Ask YC: Can I become a VC? - tricky
I'm a hacker who'd love to invest in other people's startups.  I, of course, don't have enough savings on hand to do any significant damage.<p>Is there anything out there like a micro-VC or investors club for tech startups?  Say n people put up $x each to fund a project. What are the implications? Would it work? If so, who's in?
======
sgoraya
Thats a pretty interesting idea - I have participated in a real estate
investment syndicate which was basically 4 guys I knew and trusted, plus
myself - We pooled our money together and purchased 2 four-plexes - Its a
great experience and has netted us a nice, although not huge, return - We sold
one of the units and re-invested in raw land in the path of development. We're
all under 30, so we figured we would invest in more speculative properties
(raw land) and wait for the higher return.

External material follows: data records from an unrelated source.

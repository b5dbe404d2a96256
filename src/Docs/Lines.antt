-- ===== src/Docs/Lines.antt =====
-- Documents as lists of lines.
use mathlib.Core.List.{append_assoc}
use kratos_micro_layout.Prelude.{
  ◌≡◌, refl, sym, ap, ◌∙◌, arith, Bool, false, List, [], ◌∷◌, ◌++◌, All, Text, if◌then◌else◌,
  Bool-cases, inl, inr,
}
use kratos_micro_layout.Text.{contains}
use kratos_micro_layout.Docs.{lines, add_char, unlines, insert_after}

-- A line has no newline in it.
abbrev pub IsLine : Text → Type 0
IsLine l = contains l 10 ≡ false

lines-line :
    (l : Text) (s : Text) {ls : List Text} {last : Text}
    → IsLine l
    → lines s ≡ (ls, last)
    → lines (l ++ (10 ∷ s)) ≡ (l ∷ ls, last)
unfolding lines contains add_char
lines-line [] s h e = ground arith
lines-line (c ∷ l) s h e = ground (arith, lines-line l s (ground arith) e)

lines_last : (last : Text) → IsLine last → lines last ≡ ([], last)
unfolding lines contains add_char
lines_last [] h = refl
lines_last (c ∷ s) h = ground (arith, lines_last s)

-- A document of lines is taken apart into them.
pub lines-unlines :
    (ls : List Text) (last : Text)
    → All IsLine ls
    → IsLine last
    → lines (unlines ls last) ≡ (ls, last)
unfolding unlines
lines-unlines [] last h hl = lines_last last hl
lines-unlines (l ∷ ls) last (hl, h) e =
    lines-line l (unlines ls last) hl (lines-unlines ls last h e)

pub unlines-append :
    (xs ys : List Text) (last : Text) → unlines (xs ++ ys) last ≡ unlines xs (unlines ys last)
unfolding unlines
unlines-append [] ys last = refl
unlines-append (x ∷ xs) ys last = ap (λ t. x ++ (10 ∷ t)) (unlines-append xs ys last)

pub unlines_behind : (xs : List Text) (t : Text) → unlines xs [] ++ t ≡ unlines xs t
unfolding unlines
unlines_behind [] t = refl
unlines_behind (x ∷ xs) t =
    append_assoc x (10 ∷ unlines xs []) t ∙ ap (λ u. x ++ (10 ∷ u)) (unlines_behind xs t)

-- The lines with a block behind each that passes the test.
unfoldable pub inserted : (Text → Bool) → List Text → List Text → List Text
inserted test block [] = []
inserted test block (l ∷ ls) = l ∷ ((if test l then block else []) ++ inserted test block ls)

pub insert_after-inserted :
    (test : Text → Bool) (block ls : List Text) (last : Text)
    → insert_after test (unlines block []) ls last ≡ unlines (inserted test block ls) last
unfolding insert_after inserted unlines
insert_after-inserted test block [] last = refl
insert_after-inserted test block (l ∷ ls) last = elim (Bool-cases (test l)) [
  | inl found ↦ rw found (
      ap (λ t. l ++ (10 ∷ t))
        (unlines_behind block _
          ∙ ap (unlines block) (insert_after-inserted test block ls last)
          ∙ sym (unlines-append block (inserted test block ls) last)))
  | inr absent ↦ rw absent (ap (λ t. l ++ (10 ∷ t)) (insert_after-inserted test block ls last))
]

-- The lines of `xs`, in order, are among those of `ys`.
pub data Keeps : List Text → List Text → Type 0 where
  done : Keeps [] []
  keep : {xs ys : List Text} (x : Text) → Keeps xs ys → Keeps (x ∷ xs) (x ∷ ys)
  skip : {xs ys : List Text} (y : Text) → Keeps xs ys → Keeps xs (y ∷ ys)

pub Keeps-refl : (xs : List Text) → Keeps xs xs
Keeps-refl [] = done
Keeps-refl (x ∷ xs) = keep x (Keeps-refl xs)

Keeps-skips : (block : List Text) {xs ys : List Text} → Keeps xs ys → Keeps xs (block ++ ys)
Keeps-skips [] k = k
Keeps-skips (b ∷ block) k = skip b (Keeps-skips block k)

pub Keeps-behind : {xs ys : List Text} (zs : List Text) → Keeps xs ys → Keeps xs (ys ++ zs)
Keeps-behind [] done = done
Keeps-behind (z ∷ zs) done = skip z (Keeps-behind zs done)
Keeps-behind zs (keep x k) = keep x (Keeps-behind zs k)
Keeps-behind zs (skip y k) = skip y (Keeps-behind zs k)

pub Keeps-trans : {xs ys zs : List Text} → Keeps xs ys → Keeps ys zs → Keeps xs zs
Keeps-trans k done = k
Keeps-trans (keep x k) (keep _ m) = keep x (Keeps-trans k m)
Keeps-trans (skip y k) (keep _ m) = skip y (Keeps-trans k m)
Keeps-trans k (skip z m) = skip z (Keeps-trans k m)

pub Keeps-inserted : (test : Text → Bool) (block ls : List Text) → Keeps ls (inserted test block ls)
unfolding inserted
Keeps-inserted test block [] = done
Keeps-inserted test block (l ∷ ls) =
    keep l (Keeps-skips (if test l then block else []) (Keeps-inserted test block ls))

Anyhow, that was slightly off topic, but an investment syndicate with say
$500k-$1 million would be interesting as a seed stage 'micro'fund - As
mentioned in a previous comment, the cost of legally setting up this type of
fund might be expensive with other legal implications as well.

I would definitely be interested in something like this though! Everyone has
got to start somewhere right? Just like my buddies in the RE investment, we
started out small, but we are certainly making progress, have made a return
and have property in our name.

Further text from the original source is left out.